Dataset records
◆ ◆ ◆ ◆
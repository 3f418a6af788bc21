-- ===== src/UbusServer.antt =====
-- The ubus object `tr69` (src/UbusServer.cpp, include/tr069/UbusServer.hpp), over libubus and
-- uloop, which are an argument. `U` is the state of the bus. There is one `UbusServer` in the
-- program, so that the static pointer is its address or null. Logging is left out.
pub mod Lifecycle
pub mod Handlers
use cpe_acs_connector_tr.Base.{
  ℕ, ◌%◌, ◌^◌, ◌==◌, Bool, true, false, not, ◌&&◌, List, [], ◌∷◌, Option, none, some, if◌then◌else◌,
  Bytes, codes,
}
use cpe_acs_connector_tr.Platform.{Platform}
use cpe_acs_connector_tr.Daemon.{Daemon, request_reload, request_reconnect, request_inform_now}
use cpe_acs_connector_tr.Daemon.Wakeup.{with_flags}
use cpe_acs_connector_tr.Daemon.Status.{DaemonStatus, status}

-- The calls of libubus and uloop; a connection is a number, and a result of 0 is a success.
pub record Ubus (U : Type 0) : Type 0 where
  pub uloop_init : U → ℕ × U
  pub uloop_done : U → U
  pub connect : U → Option ℕ × U
  pub add_uloop : U → ℕ → U
  pub add_object : U → ℕ → ℕ × U
  pub remove_object : U → ℕ → U
  pub free : U → ℕ → U

-- The members `context_` and `object_`, the latter by whether it is set, and whether the static
-- `instance_` is this object.
pub record UbusServer : Type 0 where
  pub context : Option ℕ
  pub object : Bool
  pub instance : Bool

abbrev pub new_server : UbusServer
new_server = record { context = none; object = false; instance = false }

module _ {U : Type 0} (ubus : Ubus U) where
  -- From `ubus_add_uloop` on. A failure resets `instance_` alone.
  unfoldable pub register : UbusServer → U → ℕ → Bool × UbusServer × U
  register u s context =
      let (result, s') = ubus.add_object (ubus.add_uloop s context) context in
      let u' = record u { context = some context; object = true; instance = true } in
      if not (result == 0) then (false, record u' { instance = false }, s') else (true, u', s')

  abbrev pub with_context : UbusServer → Option ℕ × U → Bool × UbusServer × U
  with_context u (none, s) = (false, record u { context = none }, ubus.uloop_done s)
  with_context u (some context, s) = register u s context

  unfoldable pub initialize : UbusServer → U → Bool × UbusServer × U
  initialize u s =
      let (result, s') = ubus.uloop_init s in
      if not (result == 0) then (false, u, s') else with_context u (ubus.connect s')

  -- `ubus_remove_object`, where there is a context and an object, and `ubus_free`.
  abbrev pub disconnected : UbusServer → Option ℕ → U → U
  disconnected u none s = s
  disconnected u (some context) s =
      ubus.free (if u.object then ubus.remove_object s context else s) context

  -- The destructor; only the static pointer outlives the object.
  unfoldable pub destroy : UbusServer → U → UbusServer × U
  destroy u s = (record u { instance = false }, ubus.uloop_done (disconnected u u.context s))

-- The entries of a reply: `blobmsg_add_u8`, `blobmsg_add_u32` and `blobmsg_add_string`.
pub data Entry : Type 0 where
  u8 u32 : Bytes → ℕ → Entry
  string : Bytes → Bytes → Entry

-- The methods of the object, in the order of the table.
pub data Method : Type 0 where
  reload reconnect inform_now status_of : Method

abbrev pub methods : List (Bytes × Method)
methods =
    (codes "reload", reload)
    ∷ (codes "reconnect", reconnect)
    ∷ (codes "inform_now", inform_now)
    ∷ (codes "status", status_of)
    ∷ []

-- `UBUS_STATUS_OK` and `UBUS_STATUS_UNKNOWN_ERROR`.
pub data UbusStatus : Type 0 where
  status_ok unknown_error : UbusStatus

-- The reply of `sendAccepted`.
unfoldable pub accepted : Bytes → List Entry
accepted action = u8 (codes "accepted") 1 ∷ string (codes "action") action ∷ []

-- `b ? 1 : 0`.
abbrev pub bit : Bool → ℕ
bit true = 1
bit false = 0

-- The reply of `status`.
unfoldable pub status_reply : ℕ → DaemonStatus → List Entry
status_reply pid s =
    u8 (codes "running") 1
    ∷ u32 (codes "pid") (pid % 2 ^ 32)
    ∷ string (codes "state") s.state
    ∷ u8 (codes "enable_cwmp") (bit s.enable_cwmp)
    ∷ string (codes "acs_url") s.acs_url
    ∷ u8 (codes "periodic_inform_enable") (bit s.periodic_enable)
    ∷ u32 (codes "periodic_inform_interval") s.periodic_interval
    ∷ u8 (codes "connection_request_enable") (bit s.connection_request_enable)
    ∷ u32 (codes "connection_request_port") s.connection_request_port
    ∷ string (codes "connection_request_url") s.connection_request_url
    ∷ []

-- The four callbacks: what they return, the reply that they send, if any, and the daemon behind
-- them.
unfoldable pub call :
    {S : Type 0}
    → Platform S
    → ℕ
    → UbusServer
    → Method
    → Daemon S
    → UbusStatus × Option (List Entry) × Daemon S
call p pid u method d = if not u.instance then (unknown_error, none, d) else (elim method [
  | reload ↦ (status_ok, some (accepted (codes "reload")), with_flags request_reload d)
  | reconnect ↦ (status_ok, some (accepted (codes "reconnect")), with_flags request_reconnect d)
  | inform_now ↦ (status_ok, some (accepted (codes "inform_now")), with_flags request_inform_now d)
  | status_of ↦ (status_ok, some (status_reply pid (status p d)), d)
])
◆ ◆ ◆ ◆
Your answer should consist of every line from the entries that holds "List".

  ℕ, ◌%◌, ◌^◌, ◌==◌, Bool, true, false, not, ◌&&◌, List, [], ◌∷◌, Option, none, some, if◌then◌else◌,
abbrev pub methods : List (Bytes × Method)
unfoldable pub accepted : Bytes → List Entry
unfoldable pub status_reply : ℕ → DaemonStatus → List Entry
    → UbusStatus × Option (List Entry) × Daemon S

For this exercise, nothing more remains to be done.